Los chicos de la calle Pál

GRIBAUDO

A3l día siguiente por la tarde, después de la clase de taquigrafía, el plan de guerra estaba listo. La clase terminaba a las cinco, hora en que se encendían las farolas en las calles. Al salir de la escuela, Boka dijo a los demás muchachos:

—Antes de atacarlos, tendremos que demostrarles que somos tan valientes como ellos. Dos de vosotros vendréis conmigo al Jardín Botánico. Llegaremos a su famosa isla y colgaremos esto en un árbol.

Y sacó de su bolsillo una hoja de papel rojo, en la que estaba escrito en letras mayúsculas:

LOS CHICOS DE LA CALLE PÁL ESTUVIERON AQUÍ

Todos miraron aquella nota con admiración. Csónakos no había asistido al curso de taquigrafía, pero, deseoso de noticias, había acudido de todos modos y comentó:

—¡Deberíais añadir algún insulto!

Boka negó con la cabeza.

—No estoy de acuerdo en absoluto. Nosotros no nos comportaremos como Feri Áts cuando se llevó nuestra bandera. Solo queremos demostrar que no les tenemos miedo y que tenemos el

valor de aventurarnos en su terreno, justo donde acostumbran a celebrar sus reuniones y donde esconden sus armas. Esta nota es nuestra tarjeta de visita. Se la dejaremos allí.

—Perdón… —dijo Csele—. Me han dicho que a esas horas de la noche siempre están en la isla jugando a policías y ladrones.

—¡No importa! Feri Áts también se presentó a pesar de saber que estaríamos en el Grund. Quien tenga miedo que no venga conmigo.

Nadie tenía miedo. De hecho, Nemecsek quiso mostrar su valentía y, para ganar méritos para el ascenso, dio un paso al frente con orgullo:

—¡Voy con vosotros!

Delante de la escuela ni había que ponerse firmes ni había que saludar, porque el reglamento solo estaba en vigor en el Grund. Aquí, delante de la escuela, todos eran iguales.

También Csónakos se adelantó y dijo:

—¡Yo también voy con vosotros!

—Pero debes prometer que de tu boca no saldrá ni un silbido.
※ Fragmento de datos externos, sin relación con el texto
-- ===== src/Wasm/Reads.antt =====
-- What a JavaScript function reads back inside transact.
use cert_yjs.Base.{
  ℕ, zero, suc, ◌+◌, ◌≤◌, ◌<◌, ◌≡◌, refl, some, List, [], ◌∷◌, ◌++◌, All, length, take, drop,
  u64_mod, done, arith,
}
use cert_yjs.Item.{Ptr, TypePtr}
use cert_yjs.YType.{text}
use cert_yjs.YType.Chain.{visible}
use cert_yjs.YType.Distinct.{All-append}
use cert_yjs.YType.Valid.{IsText}
use cert_yjs.Transaction.{Transaction}
use cert_yjs.Text.{code_units_in}
use cert_yjs.Text.Boundary.{insert_in-Inserts}
use cert_yjs.Text.Place.{Splittable}
use cert_yjs.Wasm.{
  DocumentBinding, TextCall, Answer, code_units_from_js, code_units_to_js, call_inside, call_text,
  run_body,
}
use cert_yjs.Wasm.Units.{code_units_from_js-code_units_to_js}

abbrev pub Unit16 : ℕ → Type 0
Unit16 u = u < 65536

All-take : (P : ℕ → Type 0) (n : ℕ) (xs : List ℕ) → All P xs → All P (take n xs)
All-take P zero [] a = tt
All-take P zero (x ∷ xs) a = tt
All-take P (suc n) [] a = tt
All-take P (suc n) (x ∷ xs) (p, a) = (p, All-take P n xs a)

All-drop : (P : ℕ → Type 0) (n : ℕ) (xs : List ℕ) → All P xs → All P (drop n xs)
All-drop P zero xs a = a
All-drop P (suc n) [] a = tt
All-drop P (suc n) (x ∷ xs) (p, a) = All-drop P n xs a

-- Bytes make units of 16 bits.
units_fit : (bytes : List ℕ) → All (λ x. x < 256) bytes → All Unit16 (code_units_from_js bytes)
unfolding code_units_from_js
units_fit [] a = tt
units_fit (low ∷ []) a = tt
units_fit (low ∷ high ∷ bytes) (l, (g, a)) = (omega arith, units_fit bytes a)

-- The answers of the two calls: nothing, and bytes that spell the text as it then is; the document
-- is written through the transaction only.
pub record ReadBack (b : DocumentBinding) (tr : Transaction) (t : TypePtr) (units : List ℕ)
    (index : ℕ) (bytes : List ℕ) : Type 0 where
  pub tr' : Transaction
  pub out : List ℕ
  pub runs :
      run_body
        (record b { transaction = some tr })
        ((t, TextCall.insert index bytes) ∷ (t, TextCall.to_string) ∷ [])
      ≡ done (Answer.nothing ∷ Answer.array out ∷ [], record b { transaction = some tr' }, [])
  pub spells :
      code_units_from_js out ≡ take index units ++ (code_units_from_js bytes ++ drop index units)
  pub reads :
      text tr'.store.heap t
      ≡ done (take index units ++ (code_units_from_js bytes ++ drop index units))

-- Inside transact, on a well-formed text of 16-bit units each of whose items is one unit long or
-- stands in its client's run list, kept in order, at an index within the text and with room in
-- the clock and the length: insert of an array of bytes and then toString both end and call no
-- one, and toString answers bytes that read back as the old text with the units of the array at
-- the index, as Text then reads in the open transaction; the document of the binding is left
-- alone.
pub run_body-ReadBack :
    (b : DocumentBinding) (tr : Transaction) (t : TypePtr) (index : ℕ) (bytes : List ℕ)
    (ps : List Ptr)
    → IsText tr.store.heap t ps
    → index ≤ length (visible tr.store.heap ps)
    → tr.store.clock + length (code_units_from_js bytes) < u64_mod
    → length (visible tr.store.heap ps) + length (code_units_from_js bytes) < u64_mod
    → All (Splittable tr.store) ps
    → All (λ x. x < 256) bytes
    → All Unit16 (visible tr.store.heap ps)
    → ReadBack b tr t (visible tr.store.heap ps) index bytes
unfolding run_body call_text call_inside code_units_in
run_body-ReadBack b tr t index bytes ps v le clock small all fit fits =
    let content = code_units_from_js bytes in
    let old = visible tr.store.heap ps in
    let i = insert_in-Inserts tr t index content ps v le clock small all in
    let now = take index old ++ (content ++ drop index old) in
    let sixteen : All Unit16 now =
      All-append Unit16 (take index old) (content ++ drop index old)
        (All-take Unit16 index old fits)
        (All-append Unit16 content (drop index old) (units_fit bytes fit)
          (All-drop Unit16 index old fits)) in
    record {
      tr' = i.tr';
      out = code_units_to_js now;
      runs = rw (i.runs, i.reads) refl;
      spells = code_units_from_js-code_units_to_js now sixteen;
      reads = i.reads;
    }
—Te lo prometo, pero ahora… déjame hacer uno, el último.

—De acuerdo —dijo Boka.

Y Csónakos silbó. Tan bien y con tanto brío que la gente se detuvo en la calle para mirar.

—¡Ya he silbado bastante por hoy! —dijo alegremente.
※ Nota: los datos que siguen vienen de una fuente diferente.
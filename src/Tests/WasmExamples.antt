-- ===== src/Tests/WasmExamples.antt =====
-- The theorems on the JavaScript binding at concrete inputs.
use cert_yjs.Base.{done, ◌≡◌, refl, none, List, [], ◌∷◌, arith, inl, inr, ◌>>=◌}
use cert_yjs.Item.{TypePtr, deleted}
use cert_yjs.Delta.{DeltaOp, retain_op, insert_op, delete_op}
use cert_yjs.Transaction
use cert_yjs.Wasm.{DocumentBinding, TextCall, delta_value, transact, code_units_from_js}
use cert_yjs.Wasm.Units.{entry_ops, entry_ops-delta_value}
use cert_yjs.Wasm.Routes.{writes, transact-writes}
use cert_yjs.Wasm.Reads.{ReadBack, run_body-ReadBack}
use cert_yjs.Tests.Fixtures.{word_store, word_tr, word_ptrs, word-IsText}

abbrev bound : DocumentBinding
bound = record { document = word_store 4; transaction = none }

-- "d" is inserted at the end, and the text is read.
abbrev body : List (TypePtr × TextCall)
body = (0, TextCall.insert 2 (100 ∷ 0 ∷ [])) ∷ (0, TextCall.to_string) ∷ []

transact-writes_example : transact bound body ≡ (
    Transaction.transact (word_store 4) (λ tr. writes tr body) >>= λ r.
    done (record { document = r.0; transaction = none }, r.1))
transact-writes_example = transact-writes bound body

run_body-ReadBack_example : ReadBack bound (word_tr 4) 0 (97 ∷ 99 ∷ []) 1 (120 ∷ 0 ∷ 172 ∷ 32 ∷ [])
unfolding deleted code_units_from_js
run_body-ReadBack_example =
    run_body-ReadBack bound (word_tr 4) 0 1 (120 ∷ 0 ∷ 172 ∷ 32 ∷ []) word_ptrs word-IsText
      (omega arith) (omega arith) (omega arith)
      (inl (omega arith), (inl (omega arith), (inl (omega arith), tt)))
      (omega arith, (omega arith, (omega arith, (omega arith, tt))))
      (omega arith, (omega arith, tt))

abbrev entries : List DeltaOp
entries = retain_op 2 ∷ insert_op (97 ∷ 8364 ∷ []) ∷ delete_op 1 ∷ []

entry_ops-delta_value_example : entry_ops (delta_value entries) ≡ entries
entry_ops-delta_value_example = entry_ops-delta_value entries (
  inl (2, omega arith, refl),
  (
    inr (inr (97 ∷ 8364 ∷ [], (omega arith, (omega arith, tt)), refl)),
    (inr (inl (1, omega arith, refl)), tt),
  ),
)
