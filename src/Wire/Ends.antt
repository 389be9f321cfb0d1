-- ===== src/Wire/Ends.antt =====
-- Decoding ends on every input: no read runs out of rounds.
use cert_yjs.Base.{
  ℕ, zero, suc, ◌+◌, ◌<◌, ◌≡◌, ◌≢◌, refl, Bool, true, false, some, List, [], ◌∷◌, ◌==◌, ◌||◌, ◌&&◌,
  bit_and, length, get_elem?, if◌then◌else◌, Run, done, panic, out_of_fuel, ◌>>=◌, arith,
  Bool-cases, Option-cases, inl, inr,
}
use cert_yjs.Ident.{Client}
use cert_yjs.Update.{GoString, DeleteSpan}
use cert_yjs.Wire.{Decoder, read_u8, read_loop, read_var_uint, read_var_string, read_item_id}
use cert_yjs.Wire.Decode.{
  DecodedStruct, read_origin, read_parent, skip_parent_sub, read_item, read_struct, read_structs,
  read_clients, read_struct_section, read_ranges, read_delete_clients, read_delete_section, Decoded,
  recover, decode_update_items, split_structs, has_flag, info_has_left_id, info_has_right_id,
  info_has_sibling, info_has_parent_sub,
}

-- The run ends, in a result or a panic.
abbrev pub Ends : {A : Type 0} → Run A → Type 0
Ends m = m ≢ out_of_fuel

Ends-done : {A : Type 0} (a : A) → Ends (done a)
Ends-done a = λ e. cc

Ends-panic : {A : Type 0} → Ends {A = A} panic
Ends-panic = λ e. cc

Ends-bind :
    {A B : Type 0} (m : Run A) (f : A → Run B) → Ends m → ((a : A) → Ends (f a)) → Ends (m >>= f)
Ends-bind (done a) f e k = k a
Ends-bind panic f e k = λ p. cc
Ends-bind out_of_fuel f e k = absurd (e refl)

Ends-if : {A : Type 0} (b : Bool) (m n : Run A) → Ends m → Ends n → Ends (if b then m else n)
Ends-if true m n x y = x
Ends-if false m n x y = y

get_elem?-lt : (xs : List ℕ) (i u : ℕ) → get_elem? xs i ≡ some u → i < length xs
get_elem?-lt [] i u e = cc
get_elem?-lt (x ∷ xs) zero u e = omega arith
get_elem?-lt (x ∷ xs) (suc i) u e = omega (arith, get_elem?-lt xs i u e)

read_loop-Ends :
    (k : ℕ) (d : Decoder) (x s : ℕ) → 0 < k → length d.buf < d.pos + k → Ends (read_loop k d x s)
unfolding read_loop read_u8
read_loop-Ends zero d x s pos b = absurd (omega arith)
read_loop-Ends (suc k) d x s pos b = elim (Option-cases (get_elem? d.buf d.pos)) [
  | inl n ↦ rw n (λ e. cc)
  | inr (u, at) ↦
      let inside : d.pos < length d.buf = get_elem?-lt d.buf d.pos u at in
      rw at (
        Ends-if _ _ _ (Ends-done _)
          (read_loop-Ends k (record d { pos = suc d.pos }) _ (s + 7) (omega arith) (omega arith)))
]

read_u8-Ends : (d : Decoder) → Ends (read_u8 d)
unfolding read_u8
read_u8-Ends d = elim (Option-cases (get_elem? d.buf d.pos)) [
  | inl n ↦ rw n (λ e. cc)
  | inr (u, at) ↦ rw at (λ e. cc)
]

read_var_uint-Ends : (d : Decoder) → Ends (read_var_uint d)
unfolding read_var_uint
read_var_uint-Ends d = read_loop-Ends (suc (length d.buf)) d 0 0 (omega arith) (omega arith)

read_var_string-Ends : (d : Decoder) → Ends (read_var_string d)
unfolding read_var_string
read_var_string-Ends d =
    Ends-bind _ _ (read_var_uint-Ends d) (λ r. Ends-if _ _ _ Ends-panic (Ends-done _))

read_item_id-Ends : (d : Decoder) → Ends (read_item_id d)
unfolding read_item_id
read_item_id-Ends d =
    Ends-bind _ _ (read_var_uint-Ends d)
      (λ r. Ends-bind _ _ (read_var_uint-Ends r.1) (λ q. Ends-done _))

read_origin-Ends : (b : Bool) (d : Decoder) → Ends (read_origin b d)
unfolding read_origin
read_origin-Ends false d = Ends-done _
read_origin-Ends true d = Ends-bind _ _ (read_item_id-Ends d) (λ r. Ends-done _)

read_parent-Ends : (b : Bool) (d : Decoder) → Ends (read_parent b d)
unfolding read_parent
read_parent-Ends false d = Ends-done _
read_parent-Ends true d = Ends-bind _ _ (read_var_uint-Ends d) (λ r. elim (Bool-cases (r.0 == 1)) [
  | inl e ↦ rw e (read_var_string-Ends r.1)
  | inr e ↦ rw e (Ends-bind _ _ (read_item_id-Ends r.1) (λ q. Ends-done _))
])

skip_parent_sub-Ends : (b : Bool) (d : Decoder) → Ends (skip_parent_sub b d)
unfolding skip_parent_sub
skip_parent_sub-Ends false d = Ends-done _
skip_parent_sub-Ends true d = Ends-bind _ _ (read_var_string-Ends d) (λ r. Ends-done _)

module _ (decode_wire_string : GoString → List ℕ) where
  read_item-Ends :
      (d : Decoder) (info : ℕ) (client : Client) (clock : ℕ)
      → Ends (read_item decode_wire_string d info client clock)
  unfolding read_item
  read_item-Ends d info client clock =
      Ends-bind _ _ (read_origin-Ends (has_flag info info_has_left_id) d) (λ a.
        Ends-bind _ _ (read_origin-Ends (has_flag info info_has_right_id) a.1) (λ b.
          Ends-bind _ _ (read_parent-Ends (bit_and info info_has_sibling == 0) b.1) (λ c.
            Ends-bind _ _
              (skip_parent_sub-Ends
                (bit_and info info_has_sibling == 0 && has_flag info info_has_parent_sub) c.1)
              (λ e. Ends-bind _ _ (read_var_string-Ends e) (λ f. Ends-done _)))))

  read_struct-Ends :
      (d : Decoder) (client : Client) (clock : ℕ)
      → Ends (read_struct decode_wire_string d client clock)
  unfolding read_struct
  read_struct-Ends d client clock = Ends-bind _ _ (read_u8-Ends d) (λ r.
      elim (Bool-cases (bit_and r.0 0x1f == 0 || bit_and r.0 0x1f == 10)) [
        | inl e ↦ rw e (Ends-bind _ _ (read_var_uint-Ends r.1) (λ q. Ends-done _))
        | inr e ↦ rw e (read_item-Ends r.1 r.0 client clock)
      ])

  read_structs-Ends :
      (n : ℕ) (d : Decoder) (client : Client) (clock : ℕ) (structs : List DecodedStruct)
      → Ends (read_structs decode_wire_string n d client clock structs)
  unfolding read_structs
  read_structs-Ends zero d client clock structs = Ends-done _
  read_structs-Ends (suc n) d client clock structs =
      Ends-bind _ _ (read_struct-Ends d client clock) (λ r. read_structs-Ends n r.1 client _ _)

  read_clients-Ends :
      (n : ℕ) (d : Decoder) (structs : List DecodedStruct)
      → Ends (read_clients decode_wire_string n d structs)
  unfolding read_clients
  read_clients-Ends zero d structs = Ends-done _
  read_clients-Ends (suc n) d structs = Ends-bind _ _ (read_var_uint-Ends d) (λ a.
      Ends-bind _ _ (read_var_uint-Ends a.1) (λ b. Ends-bind _ _ (read_var_uint-Ends b.1) (λ c.
        Ends-bind _ _ (read_structs-Ends a.0 c.1 b.0 c.0 structs)
          (λ e. read_clients-Ends n e.1 e.0))))

  read_struct_section-Ends : (d : Decoder) → Ends (read_struct_section decode_wire_string d)
  unfolding read_struct_section
  read_struct_section-Ends d =
      Ends-bind _ _ (read_var_uint-Ends d) (λ r. read_clients-Ends r.0 r.1 [])

read_ranges-Ends :
    (n : ℕ) (d : Decoder) (client : Client) (spans : List DeleteSpan)
    → Ends (read_ranges n d client spans)
unfolding read_ranges
read_ranges-Ends zero d client spans = Ends-done _
read_ranges-Ends (suc n) d client spans =
    Ends-bind _ _ (read_var_uint-Ends d)
      (λ a. Ends-bind _ _ (read_var_uint-Ends a.1) (λ b. read_ranges-Ends n b.1 client _))

read_delete_clients-Ends :
    (n : ℕ) (d : Decoder) (spans : List DeleteSpan) → Ends (read_delete_clients n d spans)
unfolding read_delete_clients
read_delete_clients-Ends zero d spans = Ends-done _
read_delete_clients-Ends (suc n) d spans = Ends-bind _ _ (read_var_uint-Ends d) (λ a.
    Ends-bind _ _ (read_var_uint-Ends a.1) (λ b.
      Ends-bind _ _ (read_ranges-Ends b.0 b.1 a.0 spans) (λ c. read_delete_clients-Ends n c.1 c.0)))

read_delete_section-Ends : (d : Decoder) → Ends (read_delete_section d)
unfolding read_delete_section
read_delete_section-Ends d =
    Ends-bind _ _ (read_var_uint-Ends d) (λ r. read_delete_clients-Ends r.0 r.1 [])

-- What Ends leaves, once a panic is recovered, is a result.
recover-done : (m : Run Decoded) → Ends m → (r : Decoded) × (recover m ≡ done r)
unfolding recover
recover-done (done r) e = (r, refl)
recover-done panic e = ((false, [], []), refl)
recover-done out_of_fuel e = absurd (e refl)

-- decodeUpdateItems returns on every input: it ends, and no panic of its reads gets out.
pub decode_update_items-returns :
    (decode_wire_string : GoString → List ℕ) (bytes : List ℕ)
    → (r : Decoded) × (decode_update_items decode_wire_string bytes ≡ done r)
unfolding decode_update_items
decode_update_items-returns decode_wire_string bytes = recover-done _ (
    Ends-bind _ _ (read_struct_section-Ends decode_wire_string (record { buf = bytes; pos = 0 }))
      (λ r.
        Ends-bind _ _ (read_delete_section-Ends r.1)
          (λ q. Ends-done (true, split_structs r.0, q.0))))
Boka se volvió hacia Csele y añadió:

—¿No vienes?

—¿Qué quieres que haga? —dijo Csele con tristeza—. No puedo ir porque a las cinco y media tengo que estar en casa. Mi madre sabe perfectamente cuándo termina la clase de taquigrafía y si llego tarde no me dejará salir otra vez.

Esta posibilidad le aterraba. Todo terminaría así, deseándole buenas noches al Grund y buenas noches a su superior.
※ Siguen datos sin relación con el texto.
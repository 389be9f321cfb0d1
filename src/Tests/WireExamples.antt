-- ===== src/Tests/WireExamples.antt =====
-- The theorems on the wire format applied at concrete inputs.
use cert_yjs.Base.{ℕ, ◌≡◌, ◌++◌, none, some, true, false, List, [], ◌∷◌, All, arith, done}
use cert_yjs.Wire.{write_var_uint, read_var_uint}
use cert_yjs.Wire.Decode.{Decoded, DecodedStruct, decode_update_items, split_structs}
use cert_yjs.Wire.Encode.{join_runs}
use cert_yjs.Wire.Varint.{decoder_at, read_var_uint-write_var_uint}
use cert_yjs.Wire.Ends.{decode_update_items-returns}
use cert_yjs.Wire.Runs.{
  joined, IsRun, join_runs-joined, update_units, struct_units, split_structs-units,
}
use cert_yjs.YType.{SnapshotChar}
use cert_yjs.Report.{encode_report}
use cert_yjs.Report.RoundTrip.{read_report, read_report-encode_report}
use cert_yjs.Tests.Fixtures.{word, word_ptrs}

read_var_uint-write_var_uint_example :
    (bytes : List ℕ) × (write_var_uint (1 ∷ []) 300 ≡ done ((1 ∷ []) ++ bytes))
    × (read_var_uint (decoder_at (1 ∷ []) (bytes ++ 9 ∷ []))
        ≡ done (300, decoder_at ((1 ∷ []) ++ bytes) (9 ∷ [])))
read_var_uint-write_var_uint_example =
    read_var_uint-write_var_uint (1 ∷ []) (9 ∷ []) 300 (omega arith)

-- An update that breaks off inside its first number.
decode_update_items-returns_example :
    (r : Decoded) × (decode_update_items (λ s. s) (0x81 ∷ []) ≡ done r)
decode_update_items-returns_example = decode_update_items-returns (λ s. s) (0x81 ∷ [])

join_runs-joined_example :
    (joined (join_runs word word_ptrs) ≡ word_ptrs)
    × All (λ run. IsRun word run) (join_runs word word_ptrs)
join_runs-joined_example = join_runs-joined word word_ptrs

-- One run of three units, and a struct without content.
abbrev two_structs : List DecodedStruct
two_structs =
    record {
      id = record { client_id = 7; clock = 3 };
      origin_left_id = none;
      origin_right_id = none;
      parent_name = 116 ∷ [];
      content = 97 ∷ 98 ∷ 99 ∷ [];
      is_item = true;
      length = 3;
    }
    ∷ record {
      id = record { client_id = 7; clock = 6 };
      origin_left_id = none;
      origin_right_id = none;
      parent_name = [];
      content = [];
      is_item = false;
      length = 2;
    }
    ∷ []

split_structs-units_example : update_units (split_structs two_structs) ≡ struct_units two_structs
split_structs-units_example = split_structs-units two_structs

abbrev two_chars : List SnapshotChar
two_chars =
    record { client = 7; clock = 0; deleted = false; unit = 97 }
    ∷ record { client = 8; clock = 5; deleted = true; unit = 300 }
    ∷ []

read_report-encode_report_example :
    read_report (encode_report (116 ∷ []) two_chars ++ 9 ∷ []) ≡ some (116 ∷ [], two_chars, 9 ∷ [])
read_report-encode_report_example =
    read_report-encode_report (116 ∷ []) two_chars (9 ∷ []) (omega arith) (omega arith)
      ((omega arith, omega arith, omega arith), ((omega arith, omega arith, omega arith), tt))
—Entonces, tú no te sumes a nosotros. Csónakos y Nemecsek sí se apuntan. Y mañana en la escuela te contaremos cómo nos ha ido.

Se dieron la mano. Sin embargo, Boka tuvo un pensamiento repentino:

—Oye, Geréb no ha venido hoy a la clase de taquigrafía. ¿No?

—Sí, tienes razón, no ha venido.

—¡Quizá esté enfermo!

—No lo creo. A mediodía fuimos juntos a casa y estaba sano como una manzana.

A Boka no le gustaba el comportamiento de Geréb. Sentía que escondía algo. El día anterior, después de la elección, le había mirado a los ojos de forma extraña e insistente. Desde luego, Geréb tenía claro que, mientras Boka formara parte de la compañía, no alcanzaría ningún puesto de importancia. Estaba celoso. Un tipo como él, impetuoso y agresivo, no podía apreciar a alguien como Boka, tranquilo, inteligente, serio. En resumen, se sentía superior.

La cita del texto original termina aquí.